- [Problem to solve] In the data below, one line contains "pub record PrivData : Type 0 where" and a later one contains "alloc_again none size". Print both, with every line between them, exactly and alone.

- [Raw data]
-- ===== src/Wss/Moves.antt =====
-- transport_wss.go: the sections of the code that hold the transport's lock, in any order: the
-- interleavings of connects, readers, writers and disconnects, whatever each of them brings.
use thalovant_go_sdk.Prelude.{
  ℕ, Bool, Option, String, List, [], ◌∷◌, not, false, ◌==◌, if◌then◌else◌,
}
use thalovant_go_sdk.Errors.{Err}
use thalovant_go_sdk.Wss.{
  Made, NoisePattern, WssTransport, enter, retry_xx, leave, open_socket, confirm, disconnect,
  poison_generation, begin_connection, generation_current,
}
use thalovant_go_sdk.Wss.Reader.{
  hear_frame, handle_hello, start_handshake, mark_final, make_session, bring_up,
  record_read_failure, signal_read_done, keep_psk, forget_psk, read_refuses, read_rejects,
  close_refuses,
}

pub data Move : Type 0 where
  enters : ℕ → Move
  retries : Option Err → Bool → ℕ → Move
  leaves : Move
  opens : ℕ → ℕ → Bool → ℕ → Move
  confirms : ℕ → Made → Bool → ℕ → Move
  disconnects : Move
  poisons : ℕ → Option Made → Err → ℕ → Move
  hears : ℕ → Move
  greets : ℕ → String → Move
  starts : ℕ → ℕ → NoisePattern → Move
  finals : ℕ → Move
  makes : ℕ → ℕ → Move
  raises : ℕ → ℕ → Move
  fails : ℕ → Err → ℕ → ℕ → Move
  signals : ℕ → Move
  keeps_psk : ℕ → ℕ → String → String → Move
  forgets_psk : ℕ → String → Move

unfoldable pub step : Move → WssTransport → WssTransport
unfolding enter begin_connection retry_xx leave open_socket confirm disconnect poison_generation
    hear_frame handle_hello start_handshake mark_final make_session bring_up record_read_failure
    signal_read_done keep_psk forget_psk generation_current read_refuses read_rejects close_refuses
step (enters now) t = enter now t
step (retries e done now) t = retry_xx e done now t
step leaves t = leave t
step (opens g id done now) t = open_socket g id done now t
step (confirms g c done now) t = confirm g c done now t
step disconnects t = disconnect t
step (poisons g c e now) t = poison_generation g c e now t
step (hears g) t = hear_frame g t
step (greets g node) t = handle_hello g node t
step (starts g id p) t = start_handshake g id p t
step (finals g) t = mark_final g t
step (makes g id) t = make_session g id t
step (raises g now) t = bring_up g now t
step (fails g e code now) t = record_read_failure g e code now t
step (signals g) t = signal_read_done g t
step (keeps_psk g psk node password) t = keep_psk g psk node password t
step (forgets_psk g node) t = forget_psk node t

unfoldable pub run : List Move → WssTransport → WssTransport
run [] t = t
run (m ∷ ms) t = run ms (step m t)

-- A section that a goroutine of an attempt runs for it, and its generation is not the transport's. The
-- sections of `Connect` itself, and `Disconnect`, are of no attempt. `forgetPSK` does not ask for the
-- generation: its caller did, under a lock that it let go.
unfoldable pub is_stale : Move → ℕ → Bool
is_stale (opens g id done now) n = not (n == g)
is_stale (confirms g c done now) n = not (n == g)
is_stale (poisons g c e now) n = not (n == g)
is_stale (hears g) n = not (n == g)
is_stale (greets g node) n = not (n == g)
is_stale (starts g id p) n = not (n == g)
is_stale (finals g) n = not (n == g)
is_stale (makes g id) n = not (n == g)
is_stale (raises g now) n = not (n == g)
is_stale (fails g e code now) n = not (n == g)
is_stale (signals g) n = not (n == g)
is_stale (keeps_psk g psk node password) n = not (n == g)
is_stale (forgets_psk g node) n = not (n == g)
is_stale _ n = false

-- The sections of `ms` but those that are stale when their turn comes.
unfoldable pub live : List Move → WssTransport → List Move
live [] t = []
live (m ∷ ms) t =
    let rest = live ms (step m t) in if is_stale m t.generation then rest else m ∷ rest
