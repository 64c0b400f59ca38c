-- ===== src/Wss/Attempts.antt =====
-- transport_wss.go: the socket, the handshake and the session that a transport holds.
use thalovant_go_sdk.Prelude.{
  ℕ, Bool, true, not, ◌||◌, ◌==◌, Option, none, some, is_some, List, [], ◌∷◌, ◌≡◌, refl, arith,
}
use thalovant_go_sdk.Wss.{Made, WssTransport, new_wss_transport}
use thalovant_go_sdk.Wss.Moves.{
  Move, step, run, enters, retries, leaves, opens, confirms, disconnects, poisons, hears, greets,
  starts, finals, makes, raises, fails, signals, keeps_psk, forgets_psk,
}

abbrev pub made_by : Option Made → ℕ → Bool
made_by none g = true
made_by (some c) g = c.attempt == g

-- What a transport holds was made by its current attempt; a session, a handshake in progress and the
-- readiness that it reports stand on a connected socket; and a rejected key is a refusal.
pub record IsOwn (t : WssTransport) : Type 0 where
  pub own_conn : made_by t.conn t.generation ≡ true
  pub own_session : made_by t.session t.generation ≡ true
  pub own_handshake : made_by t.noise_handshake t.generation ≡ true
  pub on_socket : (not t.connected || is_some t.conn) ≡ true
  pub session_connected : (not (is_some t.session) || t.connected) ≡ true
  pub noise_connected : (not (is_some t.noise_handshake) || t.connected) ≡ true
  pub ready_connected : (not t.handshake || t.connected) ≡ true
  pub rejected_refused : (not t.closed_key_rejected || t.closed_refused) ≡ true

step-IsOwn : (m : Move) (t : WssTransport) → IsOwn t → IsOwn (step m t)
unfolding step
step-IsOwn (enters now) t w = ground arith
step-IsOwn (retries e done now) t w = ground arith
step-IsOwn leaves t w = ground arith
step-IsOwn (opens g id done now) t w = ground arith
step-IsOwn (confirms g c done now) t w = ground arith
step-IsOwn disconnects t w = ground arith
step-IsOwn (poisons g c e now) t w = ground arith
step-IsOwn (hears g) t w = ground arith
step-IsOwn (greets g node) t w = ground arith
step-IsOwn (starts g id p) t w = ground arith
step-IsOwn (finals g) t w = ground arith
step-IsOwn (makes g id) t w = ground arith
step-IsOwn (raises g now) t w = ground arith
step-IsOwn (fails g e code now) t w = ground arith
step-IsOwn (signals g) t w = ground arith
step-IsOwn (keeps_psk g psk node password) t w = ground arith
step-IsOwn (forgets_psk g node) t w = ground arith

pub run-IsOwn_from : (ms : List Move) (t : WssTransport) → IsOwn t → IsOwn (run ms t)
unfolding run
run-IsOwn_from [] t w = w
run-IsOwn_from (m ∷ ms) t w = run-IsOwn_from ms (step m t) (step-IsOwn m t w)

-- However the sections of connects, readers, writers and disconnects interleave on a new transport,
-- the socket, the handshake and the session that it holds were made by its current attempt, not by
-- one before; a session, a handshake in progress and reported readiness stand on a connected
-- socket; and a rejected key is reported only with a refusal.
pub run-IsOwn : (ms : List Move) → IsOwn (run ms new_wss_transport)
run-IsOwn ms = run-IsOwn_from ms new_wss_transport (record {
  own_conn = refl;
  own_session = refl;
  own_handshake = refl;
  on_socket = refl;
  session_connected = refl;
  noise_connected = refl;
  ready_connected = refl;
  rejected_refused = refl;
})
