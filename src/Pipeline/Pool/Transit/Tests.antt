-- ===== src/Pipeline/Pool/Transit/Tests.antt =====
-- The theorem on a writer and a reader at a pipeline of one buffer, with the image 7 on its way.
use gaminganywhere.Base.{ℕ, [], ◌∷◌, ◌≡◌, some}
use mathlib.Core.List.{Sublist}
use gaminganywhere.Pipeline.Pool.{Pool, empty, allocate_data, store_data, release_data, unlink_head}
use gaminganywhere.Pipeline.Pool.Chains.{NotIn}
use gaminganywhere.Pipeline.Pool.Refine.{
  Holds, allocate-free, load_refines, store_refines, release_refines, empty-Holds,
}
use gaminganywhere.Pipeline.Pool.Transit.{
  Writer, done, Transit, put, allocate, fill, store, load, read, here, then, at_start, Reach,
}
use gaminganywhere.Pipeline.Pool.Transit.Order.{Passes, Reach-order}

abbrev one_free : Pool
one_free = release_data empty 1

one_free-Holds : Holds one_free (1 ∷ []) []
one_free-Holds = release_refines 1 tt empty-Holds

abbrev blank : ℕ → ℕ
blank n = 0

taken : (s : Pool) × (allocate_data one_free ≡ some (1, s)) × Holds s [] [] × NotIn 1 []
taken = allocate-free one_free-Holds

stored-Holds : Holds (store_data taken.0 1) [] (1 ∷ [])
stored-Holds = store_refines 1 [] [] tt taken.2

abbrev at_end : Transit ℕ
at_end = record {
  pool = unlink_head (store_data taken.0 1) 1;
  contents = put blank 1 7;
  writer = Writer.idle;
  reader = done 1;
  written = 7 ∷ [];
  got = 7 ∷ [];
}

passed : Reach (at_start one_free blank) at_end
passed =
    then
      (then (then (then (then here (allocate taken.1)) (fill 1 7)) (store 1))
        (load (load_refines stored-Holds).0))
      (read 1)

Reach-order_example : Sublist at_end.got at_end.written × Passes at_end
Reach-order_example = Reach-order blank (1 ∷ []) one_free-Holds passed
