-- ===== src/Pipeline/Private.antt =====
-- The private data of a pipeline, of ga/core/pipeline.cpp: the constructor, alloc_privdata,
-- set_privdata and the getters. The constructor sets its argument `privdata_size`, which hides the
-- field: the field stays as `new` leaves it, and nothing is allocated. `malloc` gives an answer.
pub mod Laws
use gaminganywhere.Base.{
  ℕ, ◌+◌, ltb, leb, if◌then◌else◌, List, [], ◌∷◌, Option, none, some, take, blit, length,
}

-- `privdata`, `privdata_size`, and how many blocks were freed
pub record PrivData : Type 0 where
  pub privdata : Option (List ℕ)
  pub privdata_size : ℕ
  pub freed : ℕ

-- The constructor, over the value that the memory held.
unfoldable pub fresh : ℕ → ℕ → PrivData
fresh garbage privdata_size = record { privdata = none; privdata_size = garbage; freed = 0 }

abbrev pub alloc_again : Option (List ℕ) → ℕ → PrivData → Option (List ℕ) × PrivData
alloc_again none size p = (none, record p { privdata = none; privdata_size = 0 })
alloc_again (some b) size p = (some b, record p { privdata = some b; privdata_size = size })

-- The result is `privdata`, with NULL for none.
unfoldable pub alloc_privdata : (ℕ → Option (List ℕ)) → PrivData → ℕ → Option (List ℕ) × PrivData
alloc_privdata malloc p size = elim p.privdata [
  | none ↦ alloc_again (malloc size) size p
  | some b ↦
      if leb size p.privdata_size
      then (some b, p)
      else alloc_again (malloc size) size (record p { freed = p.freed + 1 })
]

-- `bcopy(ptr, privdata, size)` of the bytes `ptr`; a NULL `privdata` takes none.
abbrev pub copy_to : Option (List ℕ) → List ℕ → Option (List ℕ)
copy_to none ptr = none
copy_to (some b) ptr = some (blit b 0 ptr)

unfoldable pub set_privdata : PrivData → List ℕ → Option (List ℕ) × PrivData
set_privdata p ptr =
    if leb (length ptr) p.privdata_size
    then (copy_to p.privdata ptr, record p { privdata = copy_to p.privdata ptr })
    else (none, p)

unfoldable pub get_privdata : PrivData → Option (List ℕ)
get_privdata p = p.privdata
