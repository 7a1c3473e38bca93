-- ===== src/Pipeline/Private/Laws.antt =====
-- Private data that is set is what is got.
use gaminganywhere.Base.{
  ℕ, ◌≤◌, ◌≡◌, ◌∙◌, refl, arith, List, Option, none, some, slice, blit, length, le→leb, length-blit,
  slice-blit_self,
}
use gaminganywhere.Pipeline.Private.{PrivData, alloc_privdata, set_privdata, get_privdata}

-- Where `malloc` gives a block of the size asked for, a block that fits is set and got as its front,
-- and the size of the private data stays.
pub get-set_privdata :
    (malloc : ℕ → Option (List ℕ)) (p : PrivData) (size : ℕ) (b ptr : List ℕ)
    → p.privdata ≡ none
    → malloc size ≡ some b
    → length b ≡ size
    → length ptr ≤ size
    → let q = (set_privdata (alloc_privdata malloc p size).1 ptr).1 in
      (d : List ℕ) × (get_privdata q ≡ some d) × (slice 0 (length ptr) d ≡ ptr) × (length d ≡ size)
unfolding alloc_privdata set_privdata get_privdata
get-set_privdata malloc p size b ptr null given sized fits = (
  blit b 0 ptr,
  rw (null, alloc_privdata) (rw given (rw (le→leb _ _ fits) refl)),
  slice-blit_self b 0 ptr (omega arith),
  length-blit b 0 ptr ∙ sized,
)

- [Answer area]
pub record PrivData : Type 0 where
  pub privdata : Option (List ℕ)
  pub privdata_size : ℕ
  pub freed : ℕ

-- The constructor, over the value that the memory held.
unfoldable pub fresh : ℕ → ℕ → PrivData
fresh garbage privdata_size = record { privdata = none; privdata_size = garbage; freed = 0 }

abbrev pub alloc_again : Option (List ℕ) → ℕ → PrivData → Option (List ℕ) × PrivData
alloc_again none size p = (none, record p { privdata = none; privdata_size = 0 })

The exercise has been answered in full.